Privacy and Terms

Privacy statement

At ENAPPGY, we highly value your privacy. Here, we provide a concise overview of the information we collect, how we use it, and with whom we share it. Our aim is transparency and full disclosure.

  • Collected Information: We gather various data, including personal and anonymized information.
  • Use of Information: Collected data is utilized for service delivery, account management, updates, and software enhancement. Marketing contact occurs only with explicit consent.
  • Data Security: We implement measures such as secure protocols and encryption to protect your data.
  • Sharing of Information: Your personal data is shared only when necessary for our services or legally required.
  • Retention Period: We retain data in accordance with applicable laws and regulations.
  • Your Rights: You have the right to access, correct, limit, or delete your data.
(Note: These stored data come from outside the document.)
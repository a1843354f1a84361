-- ===== src/Strings/Compare.antt =====
-- Comparisons, and the length of a string.
use native.Mathlib.Decide.{ℕ_discrete}
use native.Mathlib.Nat.{add-zero}
use csse332lab.Base.{
  ℕ, zero, suc, ◌+◌, ◌-◌, ◌≤◌, ◌<◌, ◌≡◌, ◌≢◌, refl, ◌∙◌, ap, ◌↔◌, true, some, arith, ◌==◌, ==_refl,
  ==_ne, pos, sub_ℕ,
}
use csse332lab.Strings.{Bytes, memcmp, strlen_loop, strlen}

sub-ne : (a b : ℕ) → a ≢ b → sub_ℕ a b ≢ pos 0
sub-ne a b ne e = ground arith

abbrev pub Agree : ℕ → ℕ → ℕ → Bytes → Type 0
Agree p q n mem = (i : ℕ) → i < n → mem (p + i) ≡ mem (q + i)

Agree-head : (p q n : ℕ) (mem : Bytes) → Agree p q (suc n) mem → mem p ≡ mem q
Agree-head p q n mem h =
    ap mem {x = p} {y = p + 0} (omega arith)
    ∙ h 0 (omega arith)
    ∙ ap mem {x = q + 0} {y = q} (omega arith)

Agree-tail : (p q n : ℕ) (mem : Bytes) → Agree p q (suc n) mem → Agree (p + 1) (q + 1) n mem
Agree-tail p q n mem h i hi =
    ap mem {x = p + 1 + i} {y = p + (i + 1)} (omega arith)
    ∙ h (i + 1) (omega arith)
    ∙ ap mem {x = q + (i + 1)} {y = q + 1 + i} (omega arith)

Agree-cons :
    (p q n : ℕ) (mem : Bytes) → mem p ≡ mem q → Agree (p + 1) (q + 1) n mem → Agree p q (suc n) mem
Agree-cons p q n mem e h i hi = elim (ℕ_discrete i 0) [
  | yes z ↦ rw (z, add-zero, add-zero) e
  | no ne ↦
      ap mem {x = p + i} {y = p + 1 + (i - 1)} (omega arith)
      ∙ h (i - 1) (omega arith)
      ∙ ap mem {x = q + 1 + (i - 1)} {y = q + i} (omega arith)
]

-- `memcmp` is 0 exactly when the `n` bytes agree.
pub memcmp-zero_iff : (s1 s2 n : ℕ) (mem : Bytes) → (memcmp s1 s2 n mem ≡ pos 0) ↔ Agree s1 s2 n mem
unfolding memcmp
memcmp-zero_iff s1 s2 zero mem = (λ e i hi. absurd (omega arith), λ h. refl)
memcmp-zero_iff s1 s2 (suc n) mem =
    let ih = memcmp-zero_iff (s1 + 1) (s2 + 1) n mem in
    elim (ℕ_discrete (mem s1) (mem s2)) [
      | yes same ↦
          let test : (mem s1 == mem s2) ≡ true = rw same (==_refl (mem s2)) in
          rw test (λ e. Agree-cons s1 s2 n mem same (ih.0 e), λ h. ih.1 (Agree-tail s1 s2 n mem h))
      | no differ ↦
          rw (==_ne _ _ differ)
            (λ e. absurd (sub-ne _ _ differ e), λ h. absurd (differ (Agree-head s1 s2 n mem h)))
    ]

-- The loop of `strlen` from `n` on.
pub strlen_loop-first :
    (s k n m : ℕ) (mem : Bytes)
    → n ≤ m
    → m < n + k
    → mem (s + m) ≡ 0
    → ((i : ℕ) → n ≤ i → i < m → mem (s + i) ≢ 0)
    → strlen_loop s k n mem ≡ some m
unfolding strlen_loop
strlen_loop-first s zero n m mem lo hi nul before = absurd (omega arith)
strlen_loop-first s (suc k) n m mem lo hi nul before = elim (ℕ_discrete n m) [
  | yes e ↦ rw (e, nul)
  | no ne ↦ rw (==_ne (mem (s + n)) 0 (before n (omega arith) (omega arith))) (
      strlen_loop-first s k (n + 1) m mem (omega arith) (omega arith) nul
        (λ i lo' hi'. before i (omega arith) hi'))
]

-- `strlen` finds the first zero byte, if it is given a round for every byte up to it.
pub strlen-first :
    (k s m : ℕ) (mem : Bytes)
    → m < k
    → mem (s + m) ≡ 0
    → ((i : ℕ) → i < m → mem (s + i) ≢ 0)
    → strlen k s mem ≡ some m
unfolding strlen
strlen-first k s m mem hk nul before =
    strlen_loop-first s k 0 m mem (omega arith) (omega arith) nul (λ i lo hi. before i hi)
Objecting to marketing is possible.
  • Changes to Our Privacy Policy: Please check this statement regularly for any updates.

General Terms

The ENAPPGY Smart Building Software End-User Licenses are legal agreements between you (“Company”) and ENAPPGY EU B.V., a Dutch private limited company, acting as ENAPPGY. Its headquarters are in Amersfoort, Netherlands. This agreement governs the licensed use of the ENAPPGY Smart Building Software, including licensed modules, platforms, and applications. By using the software, you agree to the terms. Disagree? Do not use the software and return it within ten days of receipt.
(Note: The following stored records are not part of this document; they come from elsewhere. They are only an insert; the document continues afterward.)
-- ===== src/Strings/Copy.antt =====
-- Copies and fills.
use native.Mathlib.Decide.{ℕ_discrete}
use native.Mathlib.Nat.{add-zero}
use csse332lab.Base.{
  ℕ, zero, suc, ◌+◌, ◌-◌, ◌%◌, ◌≤◌, ◌<◌, ◌≡◌, refl, ◌∙◌, ap, ◌⊎◌, inl, inr, arith, ltb, leb, ◌&&◌,
  if◌then◌else◌, Bool-cases, ==_ne, update, update_self, update_ne,
}
use csse332lab.Strings.{Bytes, memset_loop, memset, copy_down, copy_up, memmove, user_memmove}

-- The bytes [d, d + n) of `after` are the bytes [s, s + n) of `before`, the others are unchanged.
pub record Copied (d s n : ℕ) (before after : Bytes) : Type 0 where
  pub copied : (i : ℕ) → i < n → after (d + i) ≡ before (s + i)
  pub others : (b : ℕ) → (b < d) ⊎ (d + n ≤ b) → after b ≡ before b

copy_up-Copied :
    (d s n : ℕ) (mem : Bytes) → (d ≤ s) ⊎ (s + n ≤ d) → Copied d s n mem (copy_up d s n mem)
unfolding copy_up
copy_up-Copied d s zero mem apart = record {
  copied = λ i hi. absurd (omega arith);
  others = λ b hb. refl;
}
copy_up-Copied d s (suc n) mem apart =
    let ih = copy_up-Copied (d + 1) (s + 1) n (update mem d (mem s)) (ground arith) in
    record {
      copied = λ i hi. elim (ℕ_discrete i 0) [
        | yes e ↦
            rw (e, add-zero, add-zero) (ih.others d (inl (omega arith)) ∙ update_self mem d (mem s))
        | no ne ↦
            ap (copy_up (d + 1) (s + 1) n (update mem d (mem s))) {x = d + i} {y = d + 1 + (i - 1)}
              (omega arith)
            ∙ ih.copied (i - 1) (omega arith)
            ∙ ap (update mem d (mem s)) {x = s + 1 + (i - 1)} {y = s + i} (omega arith)
            ∙ update_ne mem d (s + i) (mem s) (ground arith)
      ];
      others = λ b hb. ih.others b (ground arith) ∙ update_ne mem d b (mem s) (ground arith);
    }

copy_down-Copied :
    (d s n : ℕ) (mem : Bytes)
    → (s ≤ d) ⊎ (d + n ≤ s)
    → Copied d s n mem (copy_down (d + n) (s + n) n mem)
unfolding copy_down
copy_down-Copied d s zero mem apart = record {
  copied = λ i hi. absurd (omega arith);
  others = λ b hb. refl;
}
copy_down-Copied d s (suc n) mem apart =
    let a : d + suc n - 1 ≡ d + n = omega arith in
    let b : s + suc n - 1 ≡ s + n = omega arith in
    let wrote = update mem (d + n) (mem (s + n)) in
    let ih = copy_down-Copied d s n wrote (ground arith) in
    rw (a, b)
      (record {
        copied = λ i hi. elim (ℕ_discrete i n) [
          | yes e ↦
              rw e (ih.others (d + n) (inr (omega arith)) ∙ update_self mem (d + n) (mem (s + n)))
          | no ne ↦
              ih.copied i (omega arith) ∙ update_ne mem (d + n) (s + i) (mem (s + n)) (ground arith)
        ];
        others = λ c hc.
            ih.others c (ground arith) ∙ update_ne mem (d + n) c (mem (s + n)) (ground arith);
      })

-- `memmove` copies the source as it was before the call, however the two ranges overlap, and
-- writes nowhere else.
pub memmove-Copied : (dst src n : ℕ) (mem : Bytes) → Copied dst src n mem (memmove dst src n mem)
unfolding memmove
memmove-Copied dst src zero mem = record {
  copied = λ i hi. absurd (omega arith);
  others = λ b hb. refl;
}
memmove-Copied dst src (suc n) mem =
    let some_bytes = ==_ne (suc n) 0 (omega arith) in
    elim (Bool-cases (ltb src dst && ltb dst (src + suc n))) [
      | inl over ↦ rw (some_bytes, over) (copy_down-Copied dst src (suc n) mem (inl (ground arith)))
      | inr clear ↦ rw (some_bytes, clear) (copy_up-Copied dst src (suc n) mem (ground arith))
    ]

-- So does that of the user library.
pub user_memmove-Copied :
    (vdst vsrc n : ℕ) (mem : Bytes) → Copied vdst vsrc n mem (user_memmove vdst vsrc n mem)
unfolding user_memmove
user_memmove-Copied vdst vsrc n mem = elim (Bool-cases (ltb vdst vsrc)) [
  | inl before ↦ rw before (copy_up-Copied vdst vsrc n mem (inl (ground arith)))
  | inr behind ↦ rw behind (copy_down-Copied vdst vsrc n mem (inl (ground arith)))
]

memset_loop-fills :
    (dst c k i : ℕ) (mem : Bytes) (b : ℕ)
    → memset_loop dst c k i mem b
      ≡ (if leb (dst + i) b && ltb b (dst + i + k) then c % 256 else mem b)
unfolding memset_loop
memset_loop-fills dst c zero i mem b = ground arith
memset_loop-fills dst c (suc k) i mem b =
    memset_loop-fills dst c k (i + 1) (update mem (dst + i) (c % 256)) b ∙ ground arith

-- `memset` fills exactly the `n` bytes from `dst` on, with the low byte of its argument.
pub memset-fills :
    (dst c n : ℕ) (mem : Bytes) (b : ℕ)
    → memset dst c n mem b ≡ (if leb dst b && ltb b (dst + n) then c % 256 else mem b)
unfolding memset
memset-fills dst c n mem b = rw (memset_loop-fills dst c n 0 mem b, add-zero)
  • Grant of License: Personal, non-exclusive, non-transferable right to use the software according to the terms.
  • Ownership: The license is not a transfer of ownership. You may use the software according to the terms, but you do not acquire any other rights.
  • License Restrictions: You may not rent, lease, sublicense, sell, assign, or reverse-engineer the software. ENAPPGY retains all rights.
  • License activation date: The license for the use of our products and services starts on the activation date, as stated in the agreement between the company and the customer.
  • Agreement Term and Termination
    • The agreement commences on the effective date and remains in force for the duration specified in the Purchase Order (the “Initial Term”). Thereafter, the agreement will automatically renew for the same duration unless either party provides written notice of termination or intent to adjust the term at least 90 days prior to the end of the current term.
    • Either party may terminate the agreement with immediate effect in the event of a material breach that is not remedied within 30 days after written notice.
    • Upon termination, all licenses will be revoked, the use and hosting of the services will cease, and all outstanding, undisputed charges will remain payable. Certain provisions will remain in effect even after termination.
  • Payment must be made within the agreed upon term. If not otherwise agreed, payment must be made within 30 days of the invoice date. In case of late payment, we reserve the right to suspend access to our licenses and services until payment is received in full. Failure to meet the payment obligation may result in termination of the license agreement, without entitling to any form of compensation or refund. Upon renewal of your software license, an annual price indexation may be applied. This adjustment reflects inflation and market developments.
  • Termination: The licenses are effective upon installation and terminate upon non-compliance, notice, or destruction of the software. ENAPPGY’s rights remain valid after termination.
  • Limited Warranty: ENAPPGY warrants that the software will perform according to the documentation for 90 days after receipt. ENAPPGY’s liability is limited to repair or replacement.
  • Limitation of Liability: ENAPPGY is not liable for incidental, special, or indirect damages. Total liability is limited to the amount paid for the software.
  • Export Restrictions: You must comply with export controls and restrictions according to national and international laws.
  • Applicable Law: This agreement is governed by Dutch law. Disputes will be submitted to the competent courts in the Netherlands. The UN Convention on Contracts for the International Sale of Goods is expressly excluded.